EXTRACTED INFORMATION:
☆ ☆ ☆ ☆ ☆ ☆ ☆

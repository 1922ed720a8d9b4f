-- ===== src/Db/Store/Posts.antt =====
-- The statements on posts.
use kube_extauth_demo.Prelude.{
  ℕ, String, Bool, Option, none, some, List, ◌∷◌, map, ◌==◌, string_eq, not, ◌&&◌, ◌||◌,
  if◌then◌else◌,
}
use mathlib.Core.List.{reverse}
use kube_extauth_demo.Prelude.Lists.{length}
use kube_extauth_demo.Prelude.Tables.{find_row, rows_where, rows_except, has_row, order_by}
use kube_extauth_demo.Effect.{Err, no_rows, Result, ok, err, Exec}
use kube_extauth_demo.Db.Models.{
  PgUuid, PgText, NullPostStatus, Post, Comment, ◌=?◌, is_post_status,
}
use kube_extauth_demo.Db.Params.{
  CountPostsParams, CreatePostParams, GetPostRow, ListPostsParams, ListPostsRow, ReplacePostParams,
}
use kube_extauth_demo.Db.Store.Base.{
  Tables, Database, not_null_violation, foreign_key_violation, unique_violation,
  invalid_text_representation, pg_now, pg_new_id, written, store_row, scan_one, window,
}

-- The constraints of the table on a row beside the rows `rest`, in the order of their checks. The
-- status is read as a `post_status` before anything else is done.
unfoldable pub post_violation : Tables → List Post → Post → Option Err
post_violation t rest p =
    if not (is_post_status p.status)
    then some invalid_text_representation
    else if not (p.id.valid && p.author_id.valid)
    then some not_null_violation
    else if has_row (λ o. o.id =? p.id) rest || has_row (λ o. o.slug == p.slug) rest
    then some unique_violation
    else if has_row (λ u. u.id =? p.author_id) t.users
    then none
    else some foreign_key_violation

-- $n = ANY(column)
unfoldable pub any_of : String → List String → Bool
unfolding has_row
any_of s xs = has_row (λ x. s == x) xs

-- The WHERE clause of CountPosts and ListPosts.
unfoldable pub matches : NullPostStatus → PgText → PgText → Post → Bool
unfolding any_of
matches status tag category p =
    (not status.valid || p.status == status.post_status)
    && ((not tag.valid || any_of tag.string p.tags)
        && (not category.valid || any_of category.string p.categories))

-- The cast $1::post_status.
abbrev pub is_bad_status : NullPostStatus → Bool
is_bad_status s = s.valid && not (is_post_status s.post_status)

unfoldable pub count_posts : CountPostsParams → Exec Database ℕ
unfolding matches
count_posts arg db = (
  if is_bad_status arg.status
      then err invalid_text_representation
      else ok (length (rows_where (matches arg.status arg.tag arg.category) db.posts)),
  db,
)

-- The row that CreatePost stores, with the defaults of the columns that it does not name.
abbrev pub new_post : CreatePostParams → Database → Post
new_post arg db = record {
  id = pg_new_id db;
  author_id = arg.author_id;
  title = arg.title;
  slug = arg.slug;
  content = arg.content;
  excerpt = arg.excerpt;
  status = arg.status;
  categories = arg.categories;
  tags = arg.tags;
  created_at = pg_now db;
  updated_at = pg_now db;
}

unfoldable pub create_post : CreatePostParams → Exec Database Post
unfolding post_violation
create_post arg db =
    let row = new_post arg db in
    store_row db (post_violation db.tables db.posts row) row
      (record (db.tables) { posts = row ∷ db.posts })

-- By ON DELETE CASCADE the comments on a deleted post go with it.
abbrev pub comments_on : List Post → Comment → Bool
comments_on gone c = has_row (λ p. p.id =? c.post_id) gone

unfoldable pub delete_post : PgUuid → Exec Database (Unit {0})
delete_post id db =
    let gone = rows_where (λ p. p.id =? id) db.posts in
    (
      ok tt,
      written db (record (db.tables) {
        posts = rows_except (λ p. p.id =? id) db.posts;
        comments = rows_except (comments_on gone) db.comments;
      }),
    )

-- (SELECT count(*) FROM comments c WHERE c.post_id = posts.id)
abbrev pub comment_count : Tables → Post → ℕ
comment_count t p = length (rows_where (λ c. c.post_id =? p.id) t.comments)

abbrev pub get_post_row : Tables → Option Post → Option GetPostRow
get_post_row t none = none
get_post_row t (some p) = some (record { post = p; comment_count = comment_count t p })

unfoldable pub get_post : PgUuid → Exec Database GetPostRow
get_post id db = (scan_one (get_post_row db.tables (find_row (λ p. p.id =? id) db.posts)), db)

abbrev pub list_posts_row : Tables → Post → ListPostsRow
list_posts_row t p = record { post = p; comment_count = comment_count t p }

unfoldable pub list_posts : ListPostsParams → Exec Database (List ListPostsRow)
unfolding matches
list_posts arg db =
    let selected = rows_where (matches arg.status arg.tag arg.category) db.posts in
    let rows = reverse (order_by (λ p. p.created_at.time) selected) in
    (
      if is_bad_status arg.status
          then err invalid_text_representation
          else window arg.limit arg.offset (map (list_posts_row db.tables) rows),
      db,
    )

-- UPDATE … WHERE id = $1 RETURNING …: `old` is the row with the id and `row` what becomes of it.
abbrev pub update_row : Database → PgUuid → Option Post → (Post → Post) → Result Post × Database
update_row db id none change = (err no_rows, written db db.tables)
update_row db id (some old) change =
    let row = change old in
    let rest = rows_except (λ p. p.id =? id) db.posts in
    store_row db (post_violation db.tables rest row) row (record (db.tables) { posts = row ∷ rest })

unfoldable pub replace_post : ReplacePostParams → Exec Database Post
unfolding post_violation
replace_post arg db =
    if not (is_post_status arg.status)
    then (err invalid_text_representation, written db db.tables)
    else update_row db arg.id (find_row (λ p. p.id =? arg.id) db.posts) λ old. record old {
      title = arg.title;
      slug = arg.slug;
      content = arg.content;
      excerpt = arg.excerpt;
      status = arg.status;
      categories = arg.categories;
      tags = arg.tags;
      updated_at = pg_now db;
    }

☆ ☆ ☆ ☆ ☆ ☆ ☆

PROBLEM: Set down, exactly as they stand above, the lines starting with the line with "store_row db (post_violation db.tables db.posts" and going on through the line with "get_post_row t (some", and no others.

OUTPUT OF THE EXERCISE:
    store_row db (post_violation db.tables db.posts row) row
      (record (db.tables) { posts = row ∷ db.posts })

-- By ON DELETE CASCADE the comments on a deleted post go with it.
abbrev pub comments_on : List Post → Comment → Bool
comments_on gone c = has_row (λ p. p.id =? c.post_id) gone

unfoldable pub delete_post : PgUuid → Exec Database (Unit {0})
delete_post id db =
    let gone = rows_where (λ p. p.id =? id) db.posts in
    (
      ok tt,
      written db (record (db.tables) {
        posts = rows_except (λ p. p.id =? id) db.posts;
        comments = rows_except (comments_on gone) db.comments;
      }),
    )

-- (SELECT count(*) FROM comments c WHERE c.post_id = posts.id)
abbrev pub comment_count : Tables → Post → ℕ
comment_count t p = length (rows_where (λ c. c.post_id =? p.id) t.comments)

abbrev pub get_post_row : Tables → Option Post → Option GetPostRow
get_post_row t none = none
get_post_row t (some p) = some (record { post = p; comment_count = comment_count t p })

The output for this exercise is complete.